(Study material begins)

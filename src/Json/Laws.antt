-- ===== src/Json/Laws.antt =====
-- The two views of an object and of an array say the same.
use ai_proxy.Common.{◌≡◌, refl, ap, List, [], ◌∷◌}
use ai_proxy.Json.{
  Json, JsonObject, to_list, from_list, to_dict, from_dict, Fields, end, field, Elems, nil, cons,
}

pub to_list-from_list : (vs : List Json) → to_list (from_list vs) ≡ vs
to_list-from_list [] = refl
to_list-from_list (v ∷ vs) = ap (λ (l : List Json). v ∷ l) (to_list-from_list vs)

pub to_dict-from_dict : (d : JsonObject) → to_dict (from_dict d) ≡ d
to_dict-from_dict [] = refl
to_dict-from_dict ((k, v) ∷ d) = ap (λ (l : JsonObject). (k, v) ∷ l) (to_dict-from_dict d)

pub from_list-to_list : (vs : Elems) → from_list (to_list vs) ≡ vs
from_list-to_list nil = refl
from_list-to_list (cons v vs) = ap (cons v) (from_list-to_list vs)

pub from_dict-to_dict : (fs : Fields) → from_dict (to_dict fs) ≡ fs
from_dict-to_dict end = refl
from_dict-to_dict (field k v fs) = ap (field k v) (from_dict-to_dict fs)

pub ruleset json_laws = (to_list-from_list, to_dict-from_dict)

(Study material ends)
(Study material begins)

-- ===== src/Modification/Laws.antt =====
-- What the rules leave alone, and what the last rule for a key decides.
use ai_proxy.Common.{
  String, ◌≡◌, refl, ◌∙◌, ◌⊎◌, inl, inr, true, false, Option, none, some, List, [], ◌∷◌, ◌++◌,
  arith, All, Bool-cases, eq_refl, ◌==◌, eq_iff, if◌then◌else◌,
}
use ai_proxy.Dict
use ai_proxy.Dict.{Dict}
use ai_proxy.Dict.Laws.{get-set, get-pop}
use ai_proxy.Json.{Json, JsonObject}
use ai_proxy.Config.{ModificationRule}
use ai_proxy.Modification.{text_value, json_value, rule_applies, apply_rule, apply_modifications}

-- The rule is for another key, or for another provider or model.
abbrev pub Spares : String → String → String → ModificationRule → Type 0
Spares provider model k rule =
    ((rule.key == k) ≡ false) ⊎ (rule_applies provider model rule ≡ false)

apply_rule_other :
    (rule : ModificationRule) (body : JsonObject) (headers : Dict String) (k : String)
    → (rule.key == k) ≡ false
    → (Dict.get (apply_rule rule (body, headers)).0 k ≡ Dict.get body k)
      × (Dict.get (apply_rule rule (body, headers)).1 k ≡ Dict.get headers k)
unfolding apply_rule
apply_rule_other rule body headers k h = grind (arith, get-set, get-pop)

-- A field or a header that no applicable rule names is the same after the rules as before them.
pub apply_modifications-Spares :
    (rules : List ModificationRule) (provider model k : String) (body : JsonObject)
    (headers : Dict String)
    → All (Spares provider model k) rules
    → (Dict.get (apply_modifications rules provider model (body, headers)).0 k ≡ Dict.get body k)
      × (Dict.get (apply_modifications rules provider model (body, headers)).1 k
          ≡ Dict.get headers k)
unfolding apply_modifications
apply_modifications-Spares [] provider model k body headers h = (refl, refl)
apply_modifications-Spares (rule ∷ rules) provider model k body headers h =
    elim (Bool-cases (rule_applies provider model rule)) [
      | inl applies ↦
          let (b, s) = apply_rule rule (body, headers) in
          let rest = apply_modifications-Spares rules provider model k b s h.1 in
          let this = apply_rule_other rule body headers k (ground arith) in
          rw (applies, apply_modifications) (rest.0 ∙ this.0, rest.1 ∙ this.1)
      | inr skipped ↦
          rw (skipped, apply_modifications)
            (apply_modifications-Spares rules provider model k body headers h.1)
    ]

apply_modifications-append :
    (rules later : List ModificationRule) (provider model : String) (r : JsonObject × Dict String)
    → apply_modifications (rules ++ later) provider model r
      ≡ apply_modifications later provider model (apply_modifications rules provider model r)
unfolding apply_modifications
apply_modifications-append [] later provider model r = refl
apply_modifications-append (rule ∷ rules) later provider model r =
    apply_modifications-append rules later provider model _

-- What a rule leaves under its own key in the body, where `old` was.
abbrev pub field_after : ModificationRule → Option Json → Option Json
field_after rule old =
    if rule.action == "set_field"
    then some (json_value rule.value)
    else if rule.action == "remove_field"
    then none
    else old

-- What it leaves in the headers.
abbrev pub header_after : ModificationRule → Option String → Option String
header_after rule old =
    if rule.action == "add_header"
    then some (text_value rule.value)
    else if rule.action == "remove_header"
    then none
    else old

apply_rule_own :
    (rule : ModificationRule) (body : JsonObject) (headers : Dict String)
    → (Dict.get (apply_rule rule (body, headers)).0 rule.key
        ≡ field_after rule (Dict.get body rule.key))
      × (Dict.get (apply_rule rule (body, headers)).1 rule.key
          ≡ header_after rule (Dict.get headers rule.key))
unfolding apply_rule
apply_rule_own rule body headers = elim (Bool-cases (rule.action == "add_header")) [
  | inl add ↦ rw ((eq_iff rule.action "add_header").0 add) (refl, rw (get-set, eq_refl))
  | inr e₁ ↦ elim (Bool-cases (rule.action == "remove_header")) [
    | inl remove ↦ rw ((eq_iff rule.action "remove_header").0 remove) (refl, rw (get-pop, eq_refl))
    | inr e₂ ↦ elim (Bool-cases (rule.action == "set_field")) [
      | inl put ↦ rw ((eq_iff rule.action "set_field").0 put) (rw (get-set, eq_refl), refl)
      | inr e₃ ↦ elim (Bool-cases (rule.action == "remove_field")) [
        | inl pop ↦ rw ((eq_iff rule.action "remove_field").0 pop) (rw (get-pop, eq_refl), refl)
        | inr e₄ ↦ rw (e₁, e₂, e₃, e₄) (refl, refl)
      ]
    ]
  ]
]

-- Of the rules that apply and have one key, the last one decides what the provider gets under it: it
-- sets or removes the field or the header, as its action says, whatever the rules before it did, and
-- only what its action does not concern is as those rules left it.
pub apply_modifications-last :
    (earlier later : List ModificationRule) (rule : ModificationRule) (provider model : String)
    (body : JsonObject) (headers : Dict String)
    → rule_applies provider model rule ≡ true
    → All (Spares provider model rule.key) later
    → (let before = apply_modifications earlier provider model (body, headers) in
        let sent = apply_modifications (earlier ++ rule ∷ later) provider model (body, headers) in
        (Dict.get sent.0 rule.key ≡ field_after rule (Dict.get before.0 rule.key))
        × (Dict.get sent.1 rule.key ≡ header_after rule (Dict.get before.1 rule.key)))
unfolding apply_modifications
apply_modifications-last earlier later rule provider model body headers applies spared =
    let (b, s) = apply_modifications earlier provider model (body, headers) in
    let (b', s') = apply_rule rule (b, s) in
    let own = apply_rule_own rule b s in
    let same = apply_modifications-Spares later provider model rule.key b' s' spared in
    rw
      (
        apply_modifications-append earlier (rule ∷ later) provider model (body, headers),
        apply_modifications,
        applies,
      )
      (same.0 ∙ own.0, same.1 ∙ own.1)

(Study material ends)
(Study material begins)

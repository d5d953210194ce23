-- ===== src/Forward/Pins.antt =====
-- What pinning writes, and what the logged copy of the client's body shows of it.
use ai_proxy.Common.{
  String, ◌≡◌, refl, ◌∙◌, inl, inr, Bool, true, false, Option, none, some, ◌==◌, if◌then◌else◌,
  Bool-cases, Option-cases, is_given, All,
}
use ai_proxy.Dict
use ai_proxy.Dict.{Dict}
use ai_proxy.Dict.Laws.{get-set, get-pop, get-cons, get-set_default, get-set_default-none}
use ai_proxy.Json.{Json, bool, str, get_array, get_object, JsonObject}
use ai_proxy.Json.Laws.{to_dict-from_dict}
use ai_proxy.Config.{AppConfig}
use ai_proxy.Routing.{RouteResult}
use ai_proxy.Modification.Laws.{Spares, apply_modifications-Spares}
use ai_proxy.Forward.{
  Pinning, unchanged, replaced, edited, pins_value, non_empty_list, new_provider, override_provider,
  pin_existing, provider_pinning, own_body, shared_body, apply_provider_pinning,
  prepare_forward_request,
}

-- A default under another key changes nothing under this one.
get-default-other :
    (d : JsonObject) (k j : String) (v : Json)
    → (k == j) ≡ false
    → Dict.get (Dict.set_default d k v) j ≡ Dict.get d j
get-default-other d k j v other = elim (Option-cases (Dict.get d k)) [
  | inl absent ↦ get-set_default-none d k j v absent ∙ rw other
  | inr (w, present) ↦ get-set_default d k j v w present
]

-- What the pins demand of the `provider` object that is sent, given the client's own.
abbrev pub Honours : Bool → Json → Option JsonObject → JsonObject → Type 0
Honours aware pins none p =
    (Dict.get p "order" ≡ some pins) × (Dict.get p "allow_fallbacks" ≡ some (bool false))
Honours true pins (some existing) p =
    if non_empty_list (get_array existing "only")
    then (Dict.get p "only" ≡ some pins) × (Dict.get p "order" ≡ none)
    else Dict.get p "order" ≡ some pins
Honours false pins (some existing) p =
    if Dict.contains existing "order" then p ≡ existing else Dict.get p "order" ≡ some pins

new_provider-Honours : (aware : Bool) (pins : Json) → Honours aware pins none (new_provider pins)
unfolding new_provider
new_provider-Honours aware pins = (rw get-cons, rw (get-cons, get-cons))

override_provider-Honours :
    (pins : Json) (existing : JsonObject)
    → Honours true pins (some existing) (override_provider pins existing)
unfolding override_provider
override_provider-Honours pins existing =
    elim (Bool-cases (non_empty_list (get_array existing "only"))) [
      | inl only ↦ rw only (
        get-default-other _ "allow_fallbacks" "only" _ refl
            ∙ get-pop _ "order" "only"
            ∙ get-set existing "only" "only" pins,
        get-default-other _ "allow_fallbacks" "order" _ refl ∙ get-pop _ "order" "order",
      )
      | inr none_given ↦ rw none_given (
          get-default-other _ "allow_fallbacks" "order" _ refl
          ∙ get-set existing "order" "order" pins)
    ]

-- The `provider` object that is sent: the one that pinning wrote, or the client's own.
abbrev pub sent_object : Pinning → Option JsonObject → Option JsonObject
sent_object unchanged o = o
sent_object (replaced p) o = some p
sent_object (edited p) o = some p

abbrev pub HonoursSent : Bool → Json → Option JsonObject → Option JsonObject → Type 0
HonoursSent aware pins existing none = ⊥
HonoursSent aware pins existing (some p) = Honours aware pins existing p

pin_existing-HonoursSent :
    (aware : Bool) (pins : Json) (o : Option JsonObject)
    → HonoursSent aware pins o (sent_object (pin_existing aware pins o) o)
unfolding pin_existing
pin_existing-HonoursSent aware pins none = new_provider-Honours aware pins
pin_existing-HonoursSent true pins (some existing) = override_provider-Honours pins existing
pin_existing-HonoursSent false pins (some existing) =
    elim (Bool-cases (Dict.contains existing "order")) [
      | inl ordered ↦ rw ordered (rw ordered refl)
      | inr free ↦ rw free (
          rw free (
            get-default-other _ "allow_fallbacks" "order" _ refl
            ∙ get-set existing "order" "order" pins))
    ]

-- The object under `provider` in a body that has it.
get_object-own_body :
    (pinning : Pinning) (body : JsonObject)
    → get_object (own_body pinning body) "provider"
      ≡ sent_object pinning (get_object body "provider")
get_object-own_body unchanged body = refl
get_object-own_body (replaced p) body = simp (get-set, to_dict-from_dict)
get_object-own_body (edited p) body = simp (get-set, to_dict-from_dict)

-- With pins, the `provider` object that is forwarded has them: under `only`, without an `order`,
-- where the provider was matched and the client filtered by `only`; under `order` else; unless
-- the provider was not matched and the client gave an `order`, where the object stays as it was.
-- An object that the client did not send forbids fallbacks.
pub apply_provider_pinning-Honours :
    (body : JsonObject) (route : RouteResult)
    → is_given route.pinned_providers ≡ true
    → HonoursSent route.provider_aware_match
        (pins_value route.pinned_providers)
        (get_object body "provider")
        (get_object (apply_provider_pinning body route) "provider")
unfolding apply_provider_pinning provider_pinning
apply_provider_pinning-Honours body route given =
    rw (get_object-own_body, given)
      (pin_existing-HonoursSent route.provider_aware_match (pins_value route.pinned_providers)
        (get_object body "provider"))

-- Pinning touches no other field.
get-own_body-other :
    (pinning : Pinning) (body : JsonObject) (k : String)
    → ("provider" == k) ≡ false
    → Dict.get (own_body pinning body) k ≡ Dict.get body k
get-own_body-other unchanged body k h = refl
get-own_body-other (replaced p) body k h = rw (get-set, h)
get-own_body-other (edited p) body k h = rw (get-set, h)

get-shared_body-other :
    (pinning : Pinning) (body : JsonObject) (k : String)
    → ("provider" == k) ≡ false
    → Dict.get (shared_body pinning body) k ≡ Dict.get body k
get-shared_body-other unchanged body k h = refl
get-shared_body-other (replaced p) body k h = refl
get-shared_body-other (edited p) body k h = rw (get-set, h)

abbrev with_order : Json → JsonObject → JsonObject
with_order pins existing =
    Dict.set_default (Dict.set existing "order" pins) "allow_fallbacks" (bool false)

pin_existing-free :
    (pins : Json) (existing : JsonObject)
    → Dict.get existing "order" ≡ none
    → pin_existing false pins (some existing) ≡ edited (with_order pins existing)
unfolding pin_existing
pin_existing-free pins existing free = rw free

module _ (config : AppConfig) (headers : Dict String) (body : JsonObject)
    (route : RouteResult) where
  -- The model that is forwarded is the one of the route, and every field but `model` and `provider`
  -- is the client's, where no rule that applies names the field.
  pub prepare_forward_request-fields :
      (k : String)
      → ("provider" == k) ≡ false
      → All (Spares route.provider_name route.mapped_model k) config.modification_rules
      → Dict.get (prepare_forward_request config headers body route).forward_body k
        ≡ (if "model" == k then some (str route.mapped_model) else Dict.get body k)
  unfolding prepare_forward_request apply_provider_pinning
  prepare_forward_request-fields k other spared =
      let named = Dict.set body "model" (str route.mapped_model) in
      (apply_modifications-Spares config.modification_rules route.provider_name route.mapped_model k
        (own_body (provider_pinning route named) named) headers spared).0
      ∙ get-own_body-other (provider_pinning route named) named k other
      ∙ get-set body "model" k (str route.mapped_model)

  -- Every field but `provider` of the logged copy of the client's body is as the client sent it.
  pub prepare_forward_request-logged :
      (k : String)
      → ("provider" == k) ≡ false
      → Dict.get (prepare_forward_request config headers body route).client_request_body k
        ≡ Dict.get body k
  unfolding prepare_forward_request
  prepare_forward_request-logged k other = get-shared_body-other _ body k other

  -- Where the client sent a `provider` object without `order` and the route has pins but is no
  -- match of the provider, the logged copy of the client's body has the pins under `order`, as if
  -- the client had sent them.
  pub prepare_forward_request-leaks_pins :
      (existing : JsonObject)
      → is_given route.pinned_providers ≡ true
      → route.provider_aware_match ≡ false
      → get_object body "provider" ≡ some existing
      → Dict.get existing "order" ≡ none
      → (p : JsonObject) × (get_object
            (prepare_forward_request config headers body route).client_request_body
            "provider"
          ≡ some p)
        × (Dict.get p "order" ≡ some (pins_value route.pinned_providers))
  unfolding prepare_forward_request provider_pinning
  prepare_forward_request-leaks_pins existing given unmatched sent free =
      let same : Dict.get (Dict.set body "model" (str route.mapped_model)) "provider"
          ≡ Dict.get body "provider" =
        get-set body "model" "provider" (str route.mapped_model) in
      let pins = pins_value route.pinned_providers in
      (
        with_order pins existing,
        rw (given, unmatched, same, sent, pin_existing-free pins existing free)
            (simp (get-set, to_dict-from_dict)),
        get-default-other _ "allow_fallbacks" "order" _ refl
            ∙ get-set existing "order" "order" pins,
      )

(Study material ends)

* Exercise brief
With the line holding "filename src/Json/Laws.antt" as the first and the line holding "to_list-from_list (v ∷" as the last, set down that range of the entries above exactly, and nothing else.

* Completed exercise
filename src/Json/Laws.antt
-- ===== src/Json/Laws.antt =====
-- The two views of an object and of an array say the same.
use ai_proxy.Common.{◌≡◌, refl, ap, List, [], ◌∷◌}
use ai_proxy.Json.{
  Json, JsonObject, to_list, from_list, to_dict, from_dict, Fields, end, field, Elems, nil, cons,
}

pub to_list-from_list : (vs : List Json) → to_list (from_list vs) ≡ vs
to_list-from_list [] = refl
to_list-from_list (v ∷ vs) = ap (λ (l : List Json). v ∷ l) (to_list-from_list vs)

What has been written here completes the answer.